= Task directions =
Take from the listing each line that has the string "WasIngested".

= Data records =
■ ■ ■ ■

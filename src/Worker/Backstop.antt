-- ===== src/Worker/Backstop.antt =====
-- When `_backstop_skip_if_ingested` of janus_graph/pipeline/worker.py skips a record.
use janus_graph.Base.{
  ℕ, Text, text_eq, [], ◌∷◌, Bool, true, false, ◌&&◌, ◌≡◌, refl, sym, ap, ◌∙◌, arith, any, Option,
  none, some, Bool-cases, inl, inr, if◌then◌else◌,
}
use janus_graph.Hash.{canonical_payload_hash}
use janus_graph.Queue.Schema.{Payload, dict, EpisodeRecord, Db, is_done}
use janus_graph.Queue.Dedup.{holds_hash, has_id}
use janus_graph.Queue.Dedup.Lookup.{newest_id-any}
use janus_graph.Queue.Reports.{find_ingested_duplicate}
use janus_graph.Worker.{Call, Ingest, ingested_as}

-- A done episode with the id holds the hash.
abbrev pub WasIngested : Text → Text → Db → Type 0
WasIngested id h db =
    any (λ r. has_id id r && (holds_hash h r && is_done r.status)) db.episodes ≡ true

find_ingested-WasIngested :
    (h : Text) (db : Db) (id : Text) → find_ingested_duplicate h db ≡ some id → WasIngested id h db
unfolding find_ingested_duplicate
find_ingested-WasIngested [] db id e = ground arith
find_ingested-WasIngested (c ∷ h) db id e =
    newest_id-any (λ r. holds_hash (c ∷ h) r && is_done r.status) db.episodes id e

module _ (default_group : Text) (ingest : Call → Ingest) (now : ℕ) (digest : Text → Text) where
  -- The backstop skips a record only for another episode that is done and holds the hash of the
  -- record's own content, group and source.
  pub ingested_as-WasIngested :
      (content group_id source : Text) (name : Option Text) (r : EpisodeRecord) (db : Db)
      (id h : Text)
      → let p : Payload = record {
        content = some content;
        content_is_no_text = false;
        group_id = some group_id;
        name = name;
        source_description = some source;
      } in
        ingested_as default_group ingest now digest (record r { payload = dict p }) db
          ≡ some (id, h)
        → (h ≡ canonical_payload_hash digest content group_id source)
          × WasIngested id h db
          × (text_eq id r.id ≡ false)
  unfolding ingested_as
  ingested_as-WasIngested content group_id source name r db id h e =
      let hash = canonical_payload_hash digest content group_id source in
      go hash (find_ingested_duplicate hash db) refl e
    where
      go :
          (hash : Text) (found : Option Text)
          → find_ingested_duplicate hash db ≡ found
          → (elim found as (λ _. Option (Text × Text)) [
            | none ↦ none
            | some other ↦ if text_eq other r.id then none else some (other, hash)
          ])
            ≡ some (id, h)
          → (h ≡ hash) × WasIngested id h db × (text_eq id r.id ≡ false)
      go hash none same e = ground arith
      go hash (some other) same e = elim (Bool-cases (text_eq other r.id)) [
        | inl t ↦ ground arith
        | inr t ↦
            let pair : Path (Option (Text × Text)) (some (other, hash)) (some (id, h)) =
              sym (ap (λ (b : Bool). if b then none else some (other, hash)) t) ∙ e in
            let one : other ≡ id = ground arith in
            let two : hash ≡ h = ground arith in
            (sym two, rw⁻¹ (one, two) (find_ingested-WasIngested hash db other same), rw⁻¹ one t)
      ]
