-- ===== src/Worker/Routing.antt =====
-- How a record ends in janus_graph/pipeline/worker.py.
use janus_graph.Base.{
  ℕ, Text, List, [], ◌∷◌, Bool, true, false, ◌≡◌, refl, subst, codes, ◌⊎◌, ◌+◌, arith, Option, none,
  some, ap, All, All-map, Option-cases, Bool-cases, inl, inr, find, map,
}
use janus_graph.Base.Int.{ℤ}
use janus_graph.Queue.Schema.{
  Status, done, failed, aborted, skipped_duplicate, Payload, Json, malformed, not_dict, dict, Row,
  EpisodeRecord, Db,
}
use janus_graph.Queue.Dedup.{has_id, update_guarded, record_dedup_event}
use janus_graph.Queue.Marks.{
  mark_done, mark_failed, mark_aborted, abort_with, update_checkpoint, mark_skipped_duplicate,
  skipped_row, done_row, failed_row, empty_payload,
}
use janus_graph.Queue.Marks.Ledger.{HasStatus, update-HasStatus}
use janus_graph.Queue.Claim.{
  claimed_record, claim_rows, claim_next_batch, id_among, claimed_row, next_queued, limit_val,
}
use janus_graph.Worker.{
  Exception, should_retry, describe_exception, send_to_dlq, strip, strip_error, Call, Ingest,
  ingested, failed_with, timed_out, get_text, reference_time_of, call_of, ingest_payload,
  execute_ingestion, route_failure, settle, ingested_as, process_record,
}

List-cases : (s : Text) → (s ≡ []) ⊎ ((c : ℕ) × (t : Text) × (s ≡ c ∷ t))
List-cases [] = inl refl
List-cases (c ∷ t) = inr (c, t, refl)

Ingest-cases :
    (i : Ingest)
    → (i ≡ ingested)
      ⊎ ((e : Exception) × (i ≡ failed_with e))
      ⊎ ((e : Exception) × (i ≡ timed_out e))
Ingest-cases ingested = inl refl
Ingest-cases (failed_with e) = inr (inl (e, refl))
Ingest-cases (timed_out e) = inr (inr (e, refl))

-- The statuses that go with a returned `True`, and with `False`.
abbrev pub fits : Bool → Status → Bool
fits true done = true
fits true skipped_duplicate = true
fits false failed = true
fits false aborted = true
fits _ _ = false

abbrev pub IsSettled : Text → Db × Bool → Type 0
IsSettled id (db, ok) = All (λ row. has_id id row ≡ true → fits ok row.status ≡ true) db.episodes

settled :
    (id : Text) (status : Status) (ok : Bool) (db : Db)
    → fits ok status ≡ true
    → HasStatus id status db.episodes
    → IsSettled id (db, ok)
settled id status ok db f h = All-map db.episodes (λ r k m. rw (k m) f) h

abort_with-HasStatus :
    (now : ℕ) (id error : Text) (payload : Json) (attempts : ℕ) (db : Db)
    → HasStatus id aborted (abort_with now id error payload attempts db).episodes
unfolding abort_with
abort_with-HasStatus now id error payload attempts db =
    update-HasStatus id aborted _ db.episodes (λ r. refl)

mark_aborted-HasStatus :
    (now : ℕ) (id error : Text) (db : Db)
    → HasStatus id aborted (mark_aborted now id error db).episodes
unfolding mark_aborted
mark_aborted-HasStatus now id error db = elim (Option-cases (find (has_id id) db.episodes)) [
  | inl e ↦ rw (e, mark_aborted) (abort_with-HasStatus now id error empty_payload 1 db)
  | inr (r, e) ↦
      rw (e, mark_aborted)
        (abort_with-HasStatus now id error r.payload_json (r.attempt_count + 1) db)
]

mark_skipped-HasStatus :
    (now : ℕ) (pid id : Text) (existing h : Option Text) (db : Db)
    → HasStatus id skipped_duplicate (mark_skipped_duplicate now now pid id existing h db).episodes
unfolding mark_skipped_duplicate record_dedup_event
mark_skipped-HasStatus now pid id existing h db =
    let k =
      update-HasStatus id skipped_duplicate (skipped_row now existing) db.episodes (λ r. refl) in
    ground (arith, k)

module _ (default_group : Text) (ingest : Call → Ingest) (now : ℕ) where
  mark_done-IsSettled : (id : Text) (db : Db) → IsSettled id (mark_done now id db, true)
  unfolding mark_done
  mark_done-IsSettled id db =
      settled id done true (mark_done now id db) refl
        (update-HasStatus id done (done_row now) db.episodes (λ r. refl))

  route_failure-IsSettled :
      (r : EpisodeRecord) (e : Exception) (db : Db)
      → IsSettled r.id (route_failure default_group ingest now r e db, false)
  unfolding route_failure mark_failed send_to_dlq
  route_failure-IsSettled r e db = elim (Bool-cases (should_retry r e 3)) [
    | inl t ↦
        simp (t, route_failure)
          (settled r.id failed false (mark_failed now r.id (describe_exception e) db) refl (
            update-HasStatus r.id failed (failed_row now (describe_exception e)) db.episodes
              (λ x. refl)))
    | inr t ↦
        simp (t, route_failure)
          (settled r.id aborted false (mark_aborted now r.id (describe_exception e) db) refl
            (mark_aborted-HasStatus now r.id (describe_exception e) db))
  ]

  ingested-IsSettled :
      (r : EpisodeRecord) (p : Payload) (db : Db)
      → IsSettled r.id
          (settle default_group ingest now r (ingest_payload default_group ingest now r p db))
  unfolding ingest_payload settle
  ingested-IsSettled r p db = elim (Bool-cases p.content_is_no_text) [
    | inl null ↦ simp (null, ingest_payload) (route_failure-IsSettled r strip_error db)
    | inr text ↦ elim (List-cases (strip (get_text p.content []))) [
      | inl blank ↦ simp (text, blank, ingest_payload) (mark_done-IsSettled r.id db)
      | inr (c, s, full) ↦
          let started_db = update_checkpoint now r.id (codes "ingesting") db in
          elim (Ingest-cases (ingest (call_of default_group ingest now r p))) [
            | inl ok ↦ simp (text, full, ok, ingest_payload) (mark_done-IsSettled r.id started_db)
            | inr (inl (e, bad)) ↦
                simp (text, full, bad, ingest_payload) (route_failure-IsSettled r e started_db)
            | inr (inr (e, bad)) ↦
                simp (text, full, bad, ingest_payload) (route_failure-IsSettled r e started_db)
          ]
    ]
  ]

  executed-IsSettled :
      (r : EpisodeRecord) (json : Json) (db : Db)
      → let r' : EpisodeRecord = record r { payload = json } in
        IsSettled r.id
          (settle default_group ingest now r' (execute_ingestion default_group ingest now r' db))
  unfolding execute_ingestion settle
  executed-IsSettled r malformed db =
      route_failure-IsSettled (record r { payload = malformed }) _ db
  executed-IsSettled r not_dict db = route_failure-IsSettled (record r { payload = not_dict }) _ db
  executed-IsSettled r (dict p) db = ingested-IsSettled (record r { payload = dict p }) p db

  -- Whatever the payload holds, whatever creating the client and the ingestion do, and with or
  -- without the backstop: when `process_record` ends, the rows of the record are done or skipped if
  -- it returned true, and failed or aborted if it returned false. None is left in processing.
  pub process_record-IsSettled :
      (digest : Text → Text) (backstop : Bool) (pid : Text) (r : EpisodeRecord) (db : Db)
      → IsSettled r.id (process_record default_group ingest now digest backstop pid r db)
  unfolding process_record
  process_record-IsSettled digest false pid r db = executed-IsSettled r r.payload db
  process_record-IsSettled digest true pid r db =
      elim (Option-cases (ingested_as default_group ingest now digest r db)) [
        | inl e ↦ simp (e, process_record) (executed-IsSettled r r.payload db)
        | inr ((id, h), e) ↦
            simp (e, process_record)
              (settled r.id skipped_duplicate true
                (mark_skipped_duplicate now now pid r.id (some id) (some h) db) refl
                (mark_skipped-HasStatus now pid r.id (some id) (some h) db))
      ]

-- A record without a time of its creation: the clock of the ingestion stands in.
abbrev pub IsUndated : EpisodeRecord → Type 0
IsUndated r = (r.created_at ≡ none) × ((t : ℕ) → reference_time_of t r ≡ t)

-- The records of these rows, each with the time at which its row was enqueued.
abbrev pub AreUndated : List Row → List EpisodeRecord → Type 0
AreUndated rows records =
    All IsUndated records × (map (λ x. x.enqueued_at) records ≡ map (λ r. r.enqueued_at) rows)

claimed-AreUndated : (now : ℕ) (rows : List Row) → AreUndated rows (map (claimed_record now) rows)
unfolding claimed_record
claimed-AreUndated now [] = (tt, refl)
claimed-AreUndated now (r ∷ rows) =
    let rest = claimed-AreUndated now rows in
    (((refl, λ t. refl), rest.0), ap (λ times. r.enqueued_at ∷ times) rest.1)

claim_rows-AreUndated :
    (now : ℕ) (rows : List Row) (db after : Db) (records : List EpisodeRecord)
    → claim_rows now rows db ≡ some (after, records)
    → AreUndated rows records
unfolding claim_rows
claim_rows-AreUndated now [] db after records e =
    let same : [] ≡ records = ground arith in subst (AreUndated []) same (tt, refl)
claim_rows-AreUndated now (r ∷ rows) db after records e =
    elim (Option-cases (update_guarded (id_among (r ∷ rows)) (claimed_row now) db)) [
      | inl refused ↦ absurd (ground arith)
      | inr (db', accepted) ↦
          let same : map (claimed_record now) (r ∷ rows) ≡ records = ground arith in
          subst (AreUndated (r ∷ rows)) same (claimed-AreUndated now (r ∷ rows))
    ]

-- Whatever happens between the SELECT and the UPDATE: the records that a claim hands out carry, in
-- order, the times at which the selected rows were enqueued, but `created_at` is none in each, so
-- the ingestion dates the episode with its own clock, whatever that clock shows.
pub claimed-reference_time :
    (others : Db → Db) (now : ℕ) (limit : Option ℤ) (db after : Db) (records : List EpisodeRecord)
    → claim_next_batch others now limit db ≡ some (after, records)
    → AreUndated (next_queued (limit_val limit) db) records
unfolding claim_next_batch
claimed-reference_time others now limit db after records e =
    claim_rows-AreUndated now (next_queued (limit_val limit) db) (others db) after records e
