-- ===== src/Worker/Examples.antt =====
-- Tests of the worker (janus_graph/pipeline/worker.py).
use janus_graph.Base.{codes, [], ◌∷◌, map, true, false, none}
use janus_graph.Queue.Schema.{processing, dict, Db, EpisodeRecord}
use janus_graph.Queue.Claim.{claim_state, claimed_record, next_queued, limit_val}
use janus_graph.Queue.Claim.Exclusive.{claim-next_queued}
use janus_graph.Queue.Samples.{digest, payload, waiting, finished, db, db-IsValid}
use janus_graph.Worker.{Exception, Call, Ingest, failed_with, process_record}
use janus_graph.Worker.Routing.{
  IsSettled, AreUndated, process_record-IsSettled, claimed-reference_time,
}

abbrev refused : Exception
refused = record {
  class_name = codes "ConnectionError";
  is_fatal = false;
  message = codes "refused";
}

abbrev failing : Call → Ingest
failing call = failed_with refused

abbrev claimed : EpisodeRecord
claimed = record {
  id = codes "a";
  payload = dict payload;
  status = processing;
  enqueued_at = 2;
  started_at = none;
  finished_at = none;
  attempt_count = 0;
  consecutive_failures = 0;
  last_error = none;
  checkpoint = none;
  created_at = none;
  updated_at = none;
}

process_record-IsSettled_example :
    IsSettled (codes "a") (process_record (codes "g") failing 20 digest true (codes "1") claimed db)
process_record-IsSettled_example =
    process_record-IsSettled (codes "g") failing 20 digest true (codes "1") claimed db

claimed-reference_time_example :
    AreUndated
      (next_queued (limit_val none) db)
      (map (claimed_record 12) (next_queued (limit_val none) db))
claimed-reference_time_example =
    claimed-reference_time (λ d. d) 12 none db (claim_state 12 (next_queued (limit_val none) db) db)
      (map (claimed_record 12) (next_queued (limit_val none) db))
      (claim-next_queued 12 none db db-IsValid)

-- The same content was ingested as the episode `c`.
abbrev ingested_before : Db
ingested_before = record db {
  episodes =
      record waiting { status = processing }
      ∷ record finished { canonical_hash = waiting.canonical_hash }
      ∷ [];
}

■ ■ ■ ■

= Response for this exercise =
abbrev pub WasIngested : Text → Text → Db → Type 0
WasIngested id h db =
find_ingested-WasIngested :
    (h : Text) (db : Db) (id : Text) → find_ingested_duplicate h db ≡ some id → WasIngested id h db
find_ingested-WasIngested [] db id e = ground arith
find_ingested-WasIngested (c ∷ h) db id e =
  pub ingested_as-WasIngested :
          × WasIngested id h db
  ingested_as-WasIngested content group_id source name r db id h e =
          → (h ≡ hash) × WasIngested id h db × (text_eq id r.id ≡ false)
            (sym two, rw⁻¹ (one, two) (find_ingested-WasIngested hash db other same), rw⁻¹ one t)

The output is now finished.